Just want to say do some reading on the 1187 Supermag before you by one.  There are a lot of bad reviews including my own personal issues.


----------



## tradhunter98 (Feb 5, 2014)

I had a 11-87 break 20 rounds into it, sent it back missed the whole duck seasons with my new gun, but they made it right.


----------



## steelshotslayer (Feb 5, 2014)

tradhunter98 said:


> I had a 11-87 break 20 rounds into it, sent it back missed the whole duck seasons with my new gun, but they made it right.



After the third time of mine breaking they have had it for a month and a half now.  Haven't kept me updated and when I call I'm given the run around for a good half hour before getting no where.  I am about ready to ride up there and show my butt.


----------



## ChristopherA.King (Feb 5, 2014)

What do you guys think about the franchi affinity? I am in the same boat and cannot decide on the stoger or the franchi.


----------



## rnelson5 (Feb 5, 2014)

I have a franchi affinity and put about 1000 shells through it from oct. Through duck season. I did not have one single hiccup with the action(using a variety of shells). The only down fall i have had and can find is the two screws that hold the recoil pad on. If you buy one take the two screws out and replace them with stainless screws and go to shooting. I shoot A LOT and do not regret buying this gun one bit.


----------



## The Fever (Feb 5, 2014)

870


----------



## bdavisbdavis727 (Feb 5, 2014)

The only problem with the stoeger and the franchi will be if you like to shoot cheap walmart shells for practice/dove I have witnessed both guns jam frequently due to the inertia systems with these cheap shells.. With that being said IMO I would save a little extra money and get a good gas operated gun, I shoot the sx3 and a urika 2 back and fourth and actually like the sx3 I got brand new for $900 better than the $1400 beretta but it's all personal preference..


----------



## rnelson5 (Feb 5, 2014)

bdavisbdavis727 said:


> The only problem with the stoeger and the franchi will be if you like to shoot cheap walmart shells for practice/dove I have witnessed both guns jam frequently due to the inertia systems with these cheap shells.. With that being said IMO I would save a little extra money and get a good gas operated gun, I shoot the sx3 and a urika 2 back and fourth and actually like the sx3 I got brand new for $900 better than the $1400 beretta but it's all personal preference..

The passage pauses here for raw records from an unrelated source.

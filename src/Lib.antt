-- ===== src/Lib.antt =====
-- Verification of funding-tool, a tool that backtests funding payments of perpetual futures and
-- aggregates the funding history of an account. Paths are from the repository's root.
--
-- The parts, and the files that model them:
--   Errors: src/funding_tool/core/errors.py. Exceptions are values, and code that may raise returns
--     a Result. Messages are left out.
--   Decimal, Rounding: decimal.Decimal of Python in its default context, with 28 digits and ties to
--     even, without limits on the exponent. Decimal/Format is format(d, "f"), also with places and a
--     sign. Text has the texts of numbers.
--   Time: to_ms and from_ms of src/funding_tool/infra/time_util.py. Instants are microseconds since
--     the epoch, and the conversions go through doubles with a 53-bit mantissa, as in Python.
--   Models: src/funding_tool/core/models.py.
--   Backtest: src/funding_tool/core/backtest.py, run_backtest with its parts; the events, or the
--     error, of the exchange are its argument.
--   Cache: src/funding_tool/core/cache.py. The table funding_rates is the list of its rows; put,
--     get, missing_ranges and clear are functions of it, and Cache/Stats is stats. `str` and
--     `decimal`, the text of a decimal and its reading, are parameters.
--   Paging, Binance: src/funding_tool/core/exchanges/binance_usdm.py. The answers of the server are
--     the fields of Api. Binance/Rates is fetch_funding_rates with its parts, and Binance/Funding is
--     fetch_funding_income. fetch_funding_rates takes the cache's table and returns the one after it;
--     Binance/Repeated is about a request that is repeated.
--   Http: src/funding_tool/infra/http.py, get_json with its retries. The network is a function from
--     the number of the request to what came back, and the pauses are listed.
--   Auth: src/funding_tool/web/auth.py, the lockout of AuthVerifier. The entries are a list, the
--     oldest first; the test of the password against the hash is a parameter.
--   Binance/Permissions: verify_credentials of binance_usdm.py.
--   Accounts: src/funding_tool/core/account_store.py, with resolve_credentials in Accounts/Resolve.
--     The index of accounts is an association list, and the keyring a record of three operations on a
--     state of any type. Accounts/Files is _load and _save: the file of the index and its temporary
--     file, with YAML as a parameter.
--   Regex, Log: src/funding_tool/infra/log.py, the scrubber of messages, its filter and get_logger.
--     Texts are lists of code points, and the patterns are matched with backtracking as in re.
--   Binance/Signing: the texts of the signed requests of binance_usdm.py and sign_query of
--     _binance_sign.py; HMAC-SHA256 and the clock are arguments.
--   History: src/funding_tool/core/account.py, run_account_history; the name of a month is a
--     parameter.
--   WebErrors: src/funding_tool/web/errors.py, map_core_exception and safe_field.
--   Tasks: src/funding_tool/web/tasks.py. The manager is its status in memory and its files; a
--     restart keeps the files.
--   Vault: src/funding_tool/web/secret_store.py. The tables are lists, and AES-GCM is a parameter.
--     Vault/Listing is list_accounts.
--   Csrf: src/funding_tool/web/csrf.py, CsrfGuard and its verify on tokens of ASCII; urlparse is a
--     parameter.
--   Audit: src/funding_tool/web/audit.py, AuditLogger.log up to the writing of the line.
--   Web: src/funding_tool/web/dependencies.py and the exception handlers of
--     src/funding_tool/web/main.py; an answer is a value or an error with its status and code.
--     Web/Startup: web/config.py, and lifespan of web/main.py without its log, its cache and its
--     folders.
--     Web/AccountsApi, Web/HistoryApi, Web/BacktestApi, Web/Symbols: the files accounts.py,
--     history.py, backtest.py and meta.py of src/funding_tool/web/routes, with the models of
--     web/models.py. Web/Guards has extract_client_ip of web/auth.py and puts a handler behind its
--     dependencies; Web/BacktestApi/Fetched composes the route with run_backtest, the pages and the
--     cache. What the exchange answers, the clock and the random texts are arguments, and what
--     pydantic writes and reads of a payload is a parameter.
--   Cli: src/funding_tool/cli, the commands of account_cmd.py, history_cmd.py, backtest_cmd.py and
--     cache_cmd.py, the exit code of __main__.py and the CSV rows of output.py, whose tables
--     are Cli/Tables and whose JSON, as a tree, is Cli/Json. Cli/Reports is what the commands of
--     backtests and histories write of their results. Time/Parse is parse_user_datetime, over the
--     parsers of the standard library.
--   Tests: the theorems at concrete inputs.
--
-- Loops without a bound in the code run on fuel: fetch_pages gets one round more than the window has
-- milliseconds, since each page but the last moves the cursor; _iter_income_pages two more, since it
-- asks once behind the end of the window, and any number of further rounds, which a server needs that
-- answers with items behind it; the loop over the 7-day windows one more than the range has
-- microseconds. Running out is the error fuel_exhausted.
--
-- Not modelled: what the commands of accounts and of the cache print, the texts of messages, the
-- checks that pydantic makes of the fields but for those of a new account, the route that issues a
-- CSRF token, the handlers of logs, the files of the tables of the secret store and of the cache, and the frontend.
-- Concurrent calls of one object are not modelled: a call runs to its end. Decimals have no limit on
-- the exponent: Overflow and subnormal numbers are left out, and theorems that promise the result of a
-- backtest ask for moderate numbers.
mod Prelude
pub mod Errors
pub mod Rounding
pub mod Decimal
pub mod Time
pub mod Models
pub mod Backtest
pub mod Cache
pub mod Http
pub mod Audit
pub mod Auth
pub mod Accounts
pub mod History
pub mod Log
pub mod Regex
pub mod WebErrors
pub mod Web
pub mod Tasks
pub mod Text
pub mod Vault
pub mod Cli
pub mod Csrf
pub mod Paging
pub mod Binance
mod Tests
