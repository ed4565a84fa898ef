-- ===== src/Errors.antt =====
-- core/errors.py: the exceptions as values, without their messages, and the result of code that
-- may raise. `division_by_zero` and `invalid_operation` are those of decimal, and the last line has
-- but one has exceptions of Python itself; `fuel_exhausted` is a loop that the code would not leave.
use mathlib.Core.List.{List, ◌∷◌}
use mathlib.Core.Path.{◌≡◌, refl, subst}
use mathlib.Core.Logic.{◌⊎◌, inl, inr}

pub data Error : Type 0 where
  validation_error unknown_symbol_error authentication_error missing_credentials_error : Error
  rate_limit_error exchange_error network_error cache_corruption_error config_error : Error
  plaintext_fallback_required : Error
  division_by_zero invalid_operation : Error
  key_error value_error type_error attribute_error runtime_error assertion_error : Error
  fuel_exhausted : Error

pub data Result {ℓ} (A : Type ℓ) : Type ℓ where
  err : Error → Result A
  ok : A → Result A

-- What follows code that may raise: it runs on the value, and an error passes it by.
infixl 5 ◌>>=◌
abbrev pub ◌>>=◌ {ℓ κ} : {A : Type ℓ} {B : Type κ} → Result A → (A → Result B) → Result B
err x >>= next = err x
ok a >>= next = next a

infixl 5 ◌>>◌
abbrev pub ◌>>◌ {κ} : {B : Type κ} → Result (Unit {0}) → Result B → Result B
check >> later = check >>= λ u. later

-- Two computations that fail alike, or succeed with related results.
pub data Both {ℓ} {A B : Type ℓ} (R : A → B → Type ℓ) : Result A → Result B → Type ℓ where
  both_ok : {a : A} {b : B} → R a b → Both R (ok a) (ok b)
  both_err : (e : Error) → Both R (err e) (err e)

pub Both-bind :
    {A B C D : Type 0} {R : A → B → Type 0} (S : C → D → Type 0) {m : Result A} {n : Result B}
    (f : A → Result C) (g : B → Result D)
    → Both R m n
    → ((a : A) (b : B) → R a b → Both S (f a) (g b))
    → Both S (m >>= f) (n >>= g)
Both-bind S f g (both_ok {a = a} {b = b} r) h = h a b r
Both-bind S f g (both_err e) h = both_err e

pub Both-refl : {A : Type 0} (m : Result A) → Both (λ (a b : A). a ≡ b) m m
Both-refl (ok a) = both_ok refl
Both-refl (err e) = both_err e

-- Two computations whose results are put together succeed only if both do.
pub cons-eq-ok :
    {A : Type 0} (m : Result A) (n : Result (List A)) {bs : List A}
    → (m >>= λ a. n >>= λ as'. ok (a ∷ as')) ≡ ok bs
    → (a : A) × (as' : List A) × (m ≡ ok a) × (n ≡ ok as') × (bs ≡ a ∷ as')
cons-eq-ok (ok a) (ok as') h = (a, as', refl, refl, cc)
cons-eq-ok (ok a) (err e) h = cc
cons-eq-ok (err e) n h = cc

-- The result, if there is one, has the property.
abbrev pub Ensures {ℓ} : {A : Type ℓ} → (A → Type 0) → Result A → Type 0
Ensures P (ok a) = P a
Ensures P (err e) = Unit

pub Ensures-bind :
    {A B : Type 0} (P : B → Type 0) (m : Result A) (f : A → Result B)
    → ((a : A) → Ensures P (f a))
    → Ensures P (m >>= f)
Ensures-bind P (ok a) f h = h a
Ensures-bind P (err e) f h = tt

pub Ensures-ok : {A : Type 0} (P : A → Type 0) (m : Result A) {a : A} → Ensures P m → m ≡ ok a → P a
Ensures-ok P m h e = subst (Ensures P) e h

pub Ensures-then :
    {A B : Type 0} (Q : A → Type 0) (P : B → Type 0) (m : Result A) (f : A → Result B)
    → Ensures Q m
    → ((a : A) → Q a → Ensures P (f a))
    → Ensures P (m >>= f)
Ensures-then Q P (ok a) f q h = h a q
Ensures-then Q P (err e) f q h = tt

pub Result-cases :
    {A : Type 0} (m : Result A) → ((a : A) × (m ≡ ok a)) ⊎ ((e : Error) × (m ≡ err e))
Result-cases (ok a) = inl (a, refl)
Result-cases (err e) = inr (e, refl)

pub Ensures-weaken :
    {A : Type 0} (P Q : A → Type 0) (m : Result A)
    → ((a : A) → P a → Q a)
    → Ensures P m
    → Ensures Q m
Ensures-weaken P Q (ok a) f h = f a h
Ensures-weaken P Q (err e) f h = tt
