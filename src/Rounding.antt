-- ===== src/Rounding.antt =====
-- Rounding to the nearest integer, ties to even, as doubles and decimals use it.
use funding_tool.Prelude.{ℕ, ◌+◌, ◌*◌, ◌/◌, ◌%◌, ◌≤◌, ◌<◌, ◌≡◌, refl, arith, ltb, if◌then◌else◌}

-- a / b to the nearest integer, ties to even.
unfoldable pub round_div : ℕ → ℕ → ℕ
round_div a b =
    let q = a / b in
    let r = a % b in if ltb (2 * r) b then q else if ltb b (2 * r) then q + 1 else q + q % 2

-- The nearest integer is at most half a unit away.
pub round_div_near :
    (a b : ℕ)
    → 0 < b
    → (2 * (round_div a b * b) ≤ 2 * a + b) × (2 * a ≤ 2 * (round_div a b * b) + b)
unfolding round_div
round_div_near a b h = grind arith

pub nearest :
    (a b : ℕ)
    → 0 < b
    → (r : ℕ) × (round_div a b ≡ r) × (2 * (r * b) ≤ 2 * a + b) × (2 * a ≤ 2 * (r * b) + b)
nearest a b h = let (u, v) = round_div_near a b h in (round_div a b, refl, u, v)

While i will agree with you that the SX3 is a great gun ( I own a SX2 ), i will have to disagree with you on the cheap shells. My PERSONEL experience is the Affinity will eat and spit out the cheapest shells there are. In cheap target ammo i have shot winchester, remington, rio, fiochi, estate, and federal without one problem. My SX2, which i love, will NOT cycle cheap 7/8 oz. Winchester target loads. It will cycle some other brands but has never been able to cycle the winchester low brass. Each gun is different but this is what my hands on experience has taught me about my two shotguns.


----------



## WOODIE13 (Feb 5, 2014)

Franchi makes some great guns.


----------



## obadiah (Feb 5, 2014)

I was in a similar position to you recently and narrowed it down to the Beretta A300 or a used Benelli.  I decided to go Benelli and was able to get a used one cheaper than the Stoeger or Franchi.


----------



## strutlife (Feb 5, 2014)

I have a Stoeger 3500. Great gun. However, it will not cycle the low brass shells with the recoil reduction system in. Is that a problem, not to me because I use it mainly for duck hunting. I had a Franchi I12. Great shooting gun, however, it only shot 3 in. shells. Im in the market for a Winchester SX3 to use for duck hunting also because I can't afford a Beretta A400.


----------



## alphachief (Feb 5, 2014)

Not a semi-auto, but if you like O/U's the Tristar camo waterfowler is a great little shotgun for less than $600.  I shoot a Browning Cynergy Camo and use the Tristar as my backup gun and its a great little shotgun.


----------



## andyparm (Feb 5, 2014)

Buying a used beretta or benelli is always your best bet if you can't afford a new one. I personally don't like benelli guns but that is my personal preference. If you want a new gun I would look at the Beretta A300. Don't have first hand experience with one, but if it is anything like the old 390's it will last you forever. My brother just bought a Stoeger 3500 this year and his clicks and jams on him all the time. During the season he would text me atleast once a hunt complaining about his gun clicking on a group of mallards/wigeon/everything. Not something I would want to buy after his experience.


----------



## killerv (Feb 5, 2014)

There has to be some of the old black synthetic beretta 390s still out there. That was the best deal going for $569, I know walmart, academy, and dicks had them up to a couple years ago...and local gunshops were buying them from their suppliers still. I bet Barrows might have a few or could find one.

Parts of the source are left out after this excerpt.